In light of the uncertainty due to the Covid-19 pandemic, it has been decided to go fully virtual for the MoDRE workshop. For more information about the impact of the Covid-19 pandemic on the RE conference, see the RE'20 conference website.

List of Accepted Papers

Call for Papers

MoDRE'20 CfP Poster (letter) MoDRE'20 CfP Poster (A4)
Download one-page Call for Papers
(letter/A4) for easy posting on office
doors, bulletin boards, etc.

Workshop Motivation and Objectives

The Tenth International Model-Driven Requirements Engineering (MoDRE) workshop continues to provide a forum to discuss the challenges of Model-Driven Development (MDD) for Requirements Engineering (RE). Building on the interest of MDD for design and implementation, RE may benefit from MDD techniques when properly balancing flexibility for capturing varied user needs with formal rigidity required for model transformations as well as high-level abstraction with information richness. MoDRE seeks to explore those areas of requirements engineering that have not yet been formalized sufficiently to be incorporated into a model-driven development environment as well as how requirements engineering models may benefit from emerging topics in the model-driven community, such as flexible modeling or collaborative modeling. In the Digital World, RE modeling techniques may help better understand stakeholders and their environments. For MoDRE’s 10th edition, the plan is to take a critical look over the last ten years and establish a research agenda for the future by identifying new challenges, discussing on-going work and potential solutions, analyzing the strengths and weaknesses of MDD approaches for RE, fostering stimulating discussions on the topic, and providing oppor-tunities to apply MDD approaches for RE.

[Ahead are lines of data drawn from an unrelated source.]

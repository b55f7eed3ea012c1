-- ===== src/Primitives/Merkle/Extract.antt =====
-- `traverse_and_extract` of merkleblock.rs on the bits and hashes that `traverse_and_build` pushed.
use fluxd_rust.Prelude.{
  ℕ, zero, suc, ◌+◌, ◌≡◌, refl, sym, ap, ◌∙◌, List, [], ◌∷◌, ◌++◌, append_assoc, Bool, true, false,
  Bool-cases, inl, inr, length, get_or, leb, if◌then◌else◌,
}
use fluxd_rust.Primitives.Merkle.{
  PartialMerkleTree, Extraction, left_of, right_of, bytes_eq, take_hash, join_right,
  traverse_and_extract, calc_hash, merkle_hash_pair,
}
use fluxd_rust.Primitives.Merkle.Build.{
  has_right, is_parent, hash_of, node_bits, node_hashes, node_matches, node_stop, node_two,
  node_one,
}
use fluxd_rust.Primitives.Merkle.Taken.{
  used, length-snoc, shift_one, read_bit, more_bits, take_hash_read,
}

module _ (sha256d : List ℕ → List ℕ) (n : ℕ) (txids : List (List ℕ)) (matches : List Bool) where
  -- The extraction refuses two equal hashes side by side: none are, below this node.
  unfoldable pub NoTwins : ℕ → ℕ → Type 0
  NoTwins zero pos = Unit
  NoTwins (suc height) pos =
      NoTwins height (left_of pos)
      × (has_right sha256d n txids matches height pos ≡ true
          → NoTwins height (right_of pos)
            × (bytes_eq (hash_of sha256d n txids matches height (right_of pos))
                  (hash_of sha256d n txids matches height (left_of pos))
                ≡ false))

  module _ (bits : List Bool) (hashes : List (List ℕ)) where
    abbrev tree : PartialMerkleTree
    tree = record { n_transactions = n; bits = bits; hashes = hashes }

    abbrev here : ℕ → ℕ → Bool
    here = is_parent sha256d n txids matches

    abbrev hash : ℕ → ℕ → List ℕ
    hash = hash_of sha256d n txids matches

    abbrev bits_of : ℕ → ℕ → List Bool
    bits_of = node_bits sha256d n txids matches

    abbrev hashes_of : ℕ → ℕ → List (List ℕ)
    hashes_of = node_hashes sha256d n txids matches

    abbrev matches_of : ℕ → ℕ → List (List ℕ)
    matches_of = node_matches sha256d n txids matches

    abbrev right_bits : ℕ → ℕ → List Bool
    right_bits height pos =
        if has_right sha256d n txids matches height pos then bits_of height (right_of pos) else []

    abbrev extract : ℕ → ℕ → Extraction → List ℕ × Extraction
    extract = traverse_and_extract sha256d tree

    abbrev next : Extraction → Extraction
    next s = record s { bits_used = s.bits_used + 1 }

    abbrev has : ℕ → ℕ → Bool
    has height pos = has_right sha256d n txids matches height pos

    extract_stop :
        (height pos : ℕ) (s : Extraction)
        → leb (length bits) s.bits_used ≡ false
        → get_or bits s.bits_used false ≡ false
        → extract (suc height) pos s ≡ take_hash sha256d tree false (next s)
    unfolding traverse_and_extract
    extract_stop height pos s more bit = rw (more, bit) refl

    extract_two :
        (height pos : ℕ) (s : Extraction)
        → leb (length bits) s.bits_used ≡ false
        → get_or bits s.bits_used false ≡ true
        → has height pos ≡ true
        → extract (suc height) pos s ≡ (
            let left = extract height (left_of pos) (next s) in
            join_right sha256d tree left.0 (extract height (right_of pos) left.1))
    unfolding traverse_and_extract
    extract_two height pos s more bit two = rw (more, bit, two) refl

    extract_one :
        (height pos : ℕ) (s : Extraction)
        → leb (length bits) s.bits_used ≡ false
        → get_or bits s.bits_used false ≡ true
        → has height pos ≡ false
        → extract (suc height) pos s ≡ (
            let left = extract height (left_of pos) (next s) in
            (merkle_hash_pair sha256d left.0 left.0, left.1))
    unfolding traverse_and_extract
    extract_one height pos s more bit one = rw (more, bit, one) refl

    join_apart :
        (left right : List ℕ) (s : Extraction)
        → bytes_eq right left ≡ false
        → join_right sha256d tree left (right, s) ≡ (merkle_hash_pair sha256d left right, s)
    unfolding join_right
    join_apart left right s apart = rw apart refl

    hash_two :
        (height pos : ℕ)
        → has height pos ≡ true
        → hash (suc height) pos
          ≡ merkle_hash_pair sha256d (hash height (left_of pos)) (hash height (right_of pos))
    unfolding calc_hash
    hash_two height pos two = rw two refl

    hash_one :
        (height pos : ℕ)
        → has height pos ≡ false
        → hash (suc height) pos
          ≡ merkle_hash_pair sha256d (hash height (left_of pos)) (hash height (left_of pos))
    unfolding calc_hash
    hash_one height pos one = rw one refl

    next-used :
        (pre : List Bool) (b : Bool) (hpre out : List (List ℕ))
        → next (used pre hpre out) ≡ used (pre ++ (b ∷ [])) hpre out
    next-used pre b hpre out =
        ap (λ k. record (used pre hpre out) { bits_used = k }) (sym (length-snoc pre b))

    -- One bit is read, then the two parts behind it.
    regroup :
        (pre : List Bool) (b : Bool) (left right : List Bool)
        → ((pre ++ (b ∷ [])) ++ left) ++ right ≡ pre ++ (b ∷ (left ++ right))
    regroup pre b left right =
        append_assoc (pre ++ (b ∷ [])) left right ∙ append_assoc pre (b ∷ []) (left ++ right)

    leaf_lem :
        (pos : ℕ) (pre post : List Bool) (hpre hpost out : List (List ℕ))
        → bits ≡ pre ++ (bits_of 0 pos ++ post)
        → hashes ≡ hpre ++ (hashes_of 0 pos ++ hpost)
        → extract 0 pos (used pre hpre out) ≡ (
          hash 0 pos,
          used (pre ++ bits_of 0 pos) (hpre ++ hashes_of 0 pos) (out ++ matches_of 0 pos),
        )
    unfolding traverse_and_extract node_bits node_hashes node_matches
    leaf_lem pos pre post hpre hpost out at hat =
        rw
          (
            more_bits sha256d tree pre (here zero pos) post at,
            read_bit sha256d tree pre (here zero pos) post at,
            sym (length-snoc pre (here zero pos)),
          )
          (take_hash_read sha256d tree (here zero pos) (pre ++ (here zero pos ∷ [])) hpre
            (hash zero pos) hpost out hat)

    module _ (height pos : ℕ) (pre post : List Bool) (hpre hpost out : List (List ℕ)) where
      node_stop_lem :
          bits ≡ pre ++ (bits_of (suc height) pos ++ post)
          → hashes ≡ hpre ++ (hashes_of (suc height) pos ++ hpost)
          → here (suc height) pos ≡ false
          → extract (suc height) pos (used pre hpre out) ≡ (
            hash (suc height) pos,
            used
                (pre ++ bits_of (suc height) pos)
                (hpre ++ hashes_of (suc height) pos)
                (out ++ matches_of (suc height) pos),
          )
      node_stop_lem at hat stop =
          let p = node_stop sha256d n txids matches height pos stop in
          let at' = at ∙ ap (λ bs. pre ++ (bs ++ post)) p.0 in
          let hat' = hat ∙ ap (λ hs. hpre ++ (hs ++ hpost)) p.1 in
          rw (p.0, p.1, p.2)
            (extract_stop height pos (used pre hpre out) (more_bits sha256d tree pre false post at')
                (read_bit sha256d tree pre false post at')
              ∙ ap (take_hash sha256d tree false) (next-used pre false hpre out)
              ∙ take_hash_read sha256d tree false (pre ++ (false ∷ [])) hpre (hash (suc height) pos)
                  hpost out hat')

    pub extract-node :
        (height pos : ℕ) (pre post : List Bool) (hpre hpost out : List (List ℕ))
        → bits ≡ pre ++ (bits_of height pos ++ post)
        → hashes ≡ hpre ++ (hashes_of height pos ++ hpost)
        → NoTwins height pos
        → extract height pos (used pre hpre out) ≡ (
          hash height pos,
          used
              (pre ++ bits_of height pos)
              (hpre ++ hashes_of height pos)
              (out ++ matches_of height pos),
        )
    unfolding NoTwins
    extract-node zero pos pre post hpre hpost out at hat apart =
        leaf_lem pos pre post hpre hpost out at hat
    extract-node (suc height) pos pre post hpre hpost out at hat apart =
        elim (Bool-cases (here (suc height) pos)) [
          | inr stop ↦ node_stop_lem height pos pre post hpre hpost out at hat stop
          | inl split ↦
              let pre' = pre ++ (true ∷ []) in
              let L = bits_of height (left_of pos) in
              let R = bits_of height (right_of pos) in
              let HL = hashes_of height (left_of pos) in
              let HR = hashes_of height (right_of pos) in
              let ML = matches_of height (left_of pos) in
              let s1 = used pre' hpre out in
              let s2 = used (pre' ++ L) (hpre ++ HL) (out ++ ML) in
              elim (Bool-cases (has height pos)) [
                | inl two ↦
                    let p = node_two sha256d n txids matches height pos split two in
                    let at' = at ∙ ap (λ bs. pre ++ (bs ++ post)) p.0 in
                    let at0 = at' ∙ ap (λ bs. pre ++ (true ∷ bs)) (append_assoc L R post) in
                    let at1 = at0 ∙ shift_one pre true (L ++ (R ++ post)) in
                    let at2 = at1 ∙ sym (append_assoc pre' L (R ++ post)) in
                    let hat1 =
                      hat
                      ∙ ap (λ hs. hpre ++ (hs ++ hpost)) p.1
                      ∙ ap (λ hs. hpre ++ hs) (append_assoc HL HR hpost) in
                    let hat2 = hat1 ∙ sym (append_assoc hpre HL (HR ++ hpost)) in
                    let left =
                      extract-node height (left_of pos) pre' (R ++ post) hpre (HR ++ hpost) out at1
                        hat1 apart.0 in
                    let right =
                      extract-node height (right_of pos) (pre' ++ L) post (hpre ++ HL) hpost
                        (out ++ ML) at2 hat2 (apart.1 two).0 in
                    let HP =
                      merkle_hash_pair sha256d (hash height (left_of pos))
                        (hash height (right_of pos)) in
                    rw (p.0, p.1, p.2, hash_two height pos two)
                      (extract_two height pos (used pre hpre out)
                          (more_bits sha256d tree pre true (L ++ (R ++ post)) at0)
                          (read_bit sha256d tree pre true (L ++ (R ++ post)) at0) two
                        ∙ ap
                            (λ s.
                              let left = extract height (left_of pos) s in
                              join_right sha256d tree left.0 (extract height (right_of pos) left.1))
                            (next-used pre true hpre out)
                        ∙ ap
                            (λ left.
                              join_right sha256d tree left.0 (extract height (right_of pos) left.1))
                            left
                        ∙ ap (join_right sha256d tree (hash height (left_of pos))) right
                        ∙ join_apart (hash height (left_of pos)) (hash height (right_of pos))
                            (used ((pre' ++ L) ++ R) ((hpre ++ HL) ++ HR)
                              ((out ++ ML) ++ matches_of height (right_of pos)))
                            (apart.1 two).1
                        ∙ (λ i. (
                          HP,
                          used (regroup pre true L R i) (append_assoc hpre HL HR i)
                              (append_assoc out ML (matches_of height (right_of pos)) i),
                        )))
                | inr one ↦
                    let p = node_one sha256d n txids matches height pos split one in
                    let at' = at ∙ ap (λ bs. pre ++ (bs ++ post)) p.0 in
                    let hat' = hat ∙ ap (λ hs. hpre ++ (hs ++ hpost)) p.1 in
                    let left =
                      extract-node height (left_of pos) pre' post hpre hpost out
                        (at' ∙ shift_one pre true (L ++ post)) hat' apart.0 in
                    rw (p.0, p.1, p.2, hash_one height pos one)
                      (extract_one height pos (used pre hpre out)
                          (more_bits sha256d tree pre true (L ++ post) at')
                          (read_bit sha256d tree pre true (L ++ post) at') one
                        ∙ ap
                            (λ s.
                              let left = extract height (left_of pos) s in
                              (merkle_hash_pair sha256d left.0 left.0, left.1))
                            (next-used pre true hpre out)
                        ∙ ap (λ left. (merkle_hash_pair sha256d left.0 left.0, left.1)) left
                        ∙ ap
                            (λ bs. (
                              merkle_hash_pair sha256d (hash height (left_of pos))
                                  (hash height (left_of pos)),
                              used bs (hpre ++ HL) (out ++ ML),
                            ))
                            (append_assoc pre (true ∷ []) L))
              ]
        ]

The workshop is co-located with the 28th IEEE International Requirements Engineering Conference (RE 2020) in Zurich, Switzerland, in August and September 2020. Accepted papers will become part of the workshop proceedings and will be submitted for inclusion into the IEEE Digital Library.

10th Anniversary of MoDRE

To celebrate the 10th anniversary of the MoDRE workshop series, this year's edition features a keynote talk by Betty H.C. Cheng, Professor at Michigan State University, a panel of former MoDRE keynote speakers, and a theme issue on Model-Driven Requirements Engineering in Springer's Software & Systems Modeling Journal.

Betty H.C. Cheng

Keynote Speaker - Betty H.C. Cheng:
"Applying Model-Driven Requirements Engineering to Manage Uncertainty for High-Assurance Self-Adaptive Systems: Lessons Learned and Research Challenges"

Betty H.C. Cheng is a Professor in the Department of Computer Science and Engineering at Michigan State University. Her research interests include self-adaptive systems, requirements engineering, model-driven engineering, automated software engineering, automotive cybersecurity, improving robustness and resiliency of learning-enabled systems, and search-based software engineering. These research areas are used to support the development of high-assurance autonomous systems that must continuously deliver acceptable behavior, even in the face of environmental and system uncertainty. Example applications include intelligent transportation and vehicle systems. She works extensively with industrial collaborators to explore research techniques for specifying and managing uncertainty in high-assurance systems.

Panel of Former Keynote Speakers: "10 Years of MoDRE"

Pete Sawyer   Lionel C. Briand   Daniel Amyot   Martin Glinz   Julio Cesar Leite   John Mylopoulos

The panelists - Pete Sawyer (MoDRE 2013 keynote speaker), Lionel C. Briand (MoDRE 2015 keynote speaker), Daniel Amyot (MoDRE 2016 keynote speaker), Martin Glinz (MoDRE 2017 keynote speaker), Julio Cesar Leite (MoDRE 2018 keynote speaker), and John Mylopoulos (MoDRE 2019 keynote speaker) - will look at past successes and failures of Model-Driven Requirements Engineering and propose a vision of research on MoDRE yet to be done. Among the questions to be discussed is what was the impact of automated model-driven engineering techniques that emerged in the 2000's on requirements engineering?

Theme Issue on Model-driven Requirements Engineering in Springer's Software & Systems Modeling Journal

All accepted workshop papers of this year's edition and previous editions will be invited to submit an extended version of their work to a theme issue on MoDRE to be published in Springer's SoSym Journal.

Overview of Workshop Format

The format of the workshop reflects the goals of the workshop: constructive feedback for accepted workshop papers, collaboration, and community building. The workshop will be highly interactive with a few paper presentations, a keynote presentation currently planned for the pre-lunch session, and plenary brainstorming and general discussion sessions. The discussion topics are chosen based on the specific interests of the participants. The short presentations and the results of the brainstorming and discussion sessions are posted on the workshop website after the workshop.

A group dinner in the evening of the workshop day offers further opportunities of community building and discussions.